Intel receives $3.2B grant from Israel’s government to build $25B chip fab
Intel Corp. has received a $3.2 billion grant from the government of Israel to build a new $25 billion chip fab in the country.
The company announced the deal today. Under the terms of the agreement, Intel’s tax rate in Israel will increase from 5% today to 7.5%. According to Reuters, the chipmaker received an offer for a smaller grant and a lower tax rate but chose a larger grant and a higher tax rate instead.
Intel employs about 12,000 people in Israel across four campuses. One of those campuses is a chip plant called Fab 28 in the southern city of Kiryat Gat. According to Intel, the new $25 billion fab that it’s building will be located in close proximity to that existing facility.

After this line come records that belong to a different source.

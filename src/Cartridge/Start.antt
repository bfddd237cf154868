-- ===== src/Cartridge/Start.antt =====
-- src/cartridge.cpp: how MBC3 and MBC5 are constructed, which establishes what their transactions
-- keep.
use tlmboy.Base.{ℕ, ◌-◌, ◌≤◌, ◌≡◌, refl, ap, ◌∙◌, arith, false, Option, none, some}
use tlmboy.Memory.File.{DataFile, copied, load_from_file, load_from_data}
use tlmboy.Cartridge.Rom.{zeros, new_mem}
use tlmboy.Cartridge.Mbc1.Runs.{ram_of, load_low, load_save}
use tlmboy.Cartridge.Mbc1.Start.{saved_ram}
use tlmboy.Cartridge.Mbc3.{Mbc3}
use tlmboy.Cartridge.Mbc3.Banks.{IsMbc3}
use tlmboy.Cartridge.Mbc5.{Mbc5}
use tlmboy.Cartridge.Mbc5.Banks.{IsMbc5}

-- A controller with the bytes of its memories, where all of them can be loaded.
abbrev pub loaded :
    {A : Type 0}
    → ((ℕ → ℕ) → (ℕ → ℕ) → (ℕ → ℕ) → A)
    → Option (ℕ → ℕ)
    → Option (ℕ → ℕ)
    → Option (ℕ → ℕ)
    → Option A
loaded make (some low) (some high) (some ram) = some (make low high ram)
loaded make none high ram = none
loaded make (some low) none ram = none
loaded make (some low) (some high) none = none

abbrev mbc3_with : DataFile → (ℕ → ℕ) → (ℕ → ℕ) → (ℕ → ℕ) → Mbc3
mbc3_with boot low high ram = record {
  rom_low = load_from_data boot 0x4000 low;
  rom_high = record (new_mem 128 0x4000) { cells = high };
  ext_ram = record (new_mem 4 0x2000) { cells = ram };
  ram_ind = 0;
  rom_ind = 0;
  rtc_reg = 0;
  ram_rtc_enabled = false;
  rtc_mapped = false;
  rtc_halted = false;
}

-- The constructor of `Mbc3`; `save` is the save file, if there is one.
unfoldable pub new_mbc3 : DataFile → DataFile → Option DataFile → Option Mbc3
unfolding new_mem load_from_file load_from_data
new_mbc3 game boot save =
    loaded (mbc3_with boot) (load_from_file game 0 0x4000 zeros)
      (load_from_file game 0x4000 0x200000 zeros) (saved_ram save)

abbrev mbc5_with : DataFile → (ℕ → ℕ) → (ℕ → ℕ) → (ℕ → ℕ) → Mbc5
mbc5_with boot low high ram = record {
  rom_low = load_from_data boot 0x4000 low;
  rom_high = record (new_mem 512 0x4000) { cells = high };
  ext_ram = record (new_mem 16 0x2000) { cells = ram };
  ram_ind = 0;
  rom_ind = 0;
  ram_bits = 0;
  rom_bank_low_bits = 0;
  rom_bank_high_bits = 0;
  ram_enabled = false;
}

-- The constructor of `Mbc5`, which has no save file.
unfoldable pub new_mbc5 : DataFile → DataFile → Option Mbc5
unfolding new_mem load_from_file load_from_data
new_mbc5 game boot =
    loaded (mbc5_with boot) (load_from_file game 0 0x4000 zeros)
      (load_from_file game 0x4000 0x800000 zeros) (some zeros)

load_rest :
    (game : DataFile) (n : ℕ)
    → 0x4000 ≤ game.size
    → game.size ≤ n
    → load_from_file game 0x4000 n zeros ≡ some (copied game.byte 0x4000 (game.size - 0x4000) zeros)
unfolding load_from_file
load_rest game n lo hi = ground arith

load_ram : (save : Option DataFile) → saved_ram save ≡ some (ram_of save)
unfolding load_from_file
load_ram none = refl
load_ram (some file) = load_save file

-- With a game of 16 KiB to 2 MiB, MBC3 is constructed from any save file or none, with the sizes and
-- the indices that its transactions keep.
new_mbc3-IsMbc3 :
    (game boot : DataFile) (save : Option DataFile)
    → 0x4000 ≤ game.size
    → game.size ≤ 0x200000
    → (m : Mbc3) × (new_mbc3 game boot save ≡ some m) × IsMbc3 m
unfolding new_mbc3 new_mem
new_mbc3-IsMbc3 game boot save lo hi =
    let low = copied game.byte 0 0x4000 zeros in
    let high = copied game.byte 0x4000 (game.size - 0x4000) zeros in
    (
      mbc3_with boot low high (ram_of save),
      ap
            (λ x.
              loaded (mbc3_with boot) x (load_from_file game 0x4000 0x200000 zeros)
                (saved_ram save))
            (load_low game lo)
          ∙ ap (λ x. loaded (mbc3_with boot) (some low) x (saved_ram save))
              (load_rest game 0x200000 lo hi)
          ∙ ap (λ x. loaded (mbc3_with boot) (some low) (some high) x) (load_ram save),
      ground arith,
    )

-- With a game of 16 KiB to 8 MiB, MBC5 is constructed with the sizes and the masked registers that
-- its transactions keep.
new_mbc5-IsMbc5 :
    (game boot : DataFile)
    → 0x4000 ≤ game.size
    → game.size ≤ 0x800000
    → (m : Mbc5) × (new_mbc5 game boot ≡ some m) × IsMbc5 m
unfolding new_mbc5 new_mem
new_mbc5-IsMbc5 game boot lo hi =
    let low = copied game.byte 0 0x4000 zeros in
    let high = copied game.byte 0x4000 (game.size - 0x4000) zeros in
    (
      mbc5_with boot low high zeros,
      ap (λ x. loaded (mbc5_with boot) x (load_from_file game 0x4000 0x800000 zeros) (some zeros))
            (load_low game lo)
          ∙ ap (λ x. loaded (mbc5_with boot) (some low) x (some zeros))
              (load_rest game 0x800000 lo hi),
      ground arith,
    )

The company detailed today that construction work has already begun. The upcoming chip plant, which is known as Fab 38, is expected to create thousands of jobs when it comes online in 2028. It’s set to operate through 2035.
In late 2022, Intel disclosed that Fab 38 is set to be ten times larger than its existing Kiryat Gat plant. The facility will reportedly be supported not by pillars but rather a metal frame designed to leave more space for manufacturing equipment. That equipment, in turn, is reportedly set to include EUV machines from ASML Holding NV.
EUV machines, which cost up to $200 million apiece, carve transistors into silicon wafers using beams of laser light. Earlier this year, Intel began mass producing chips using such systems at its fab in Leixlip, Ireland. The fab produces seven-nanometer central processing units for servers and personal computers.
Intel’s existing Kiryat Gat fab makes chips based on a less advanced ten-nanometer node. Because the new $25 billion plant the company is building will feature EUV equipment, it may be capable of making chips based on newer processes. The seven-nanometer node Intel uses at its Leixlip fab is one of several EUV-powered processes it plans to roll out in the coming years to enhance its manufacturing capabilities.
Previously, Intel teamed up with investment firm Brookfield Asset Management to expand its chip manufacturing campus in Arizona. The $30 billion project will see the company build two new fabs at the site. The facilities will produce chips using Intel’s upcoming Intel 20A, or five-nanometer, process.
The company earlier announced plans to build two more fabs in Ohio at an estimated cost of over $20 billion. According to Intel, the facilities will be part of a chip manufacturing “megasite” in which it could invest up to $100 billion over time. The company will also spend more than €30 billion to build a pair of fabs in Magdeburg, Germany.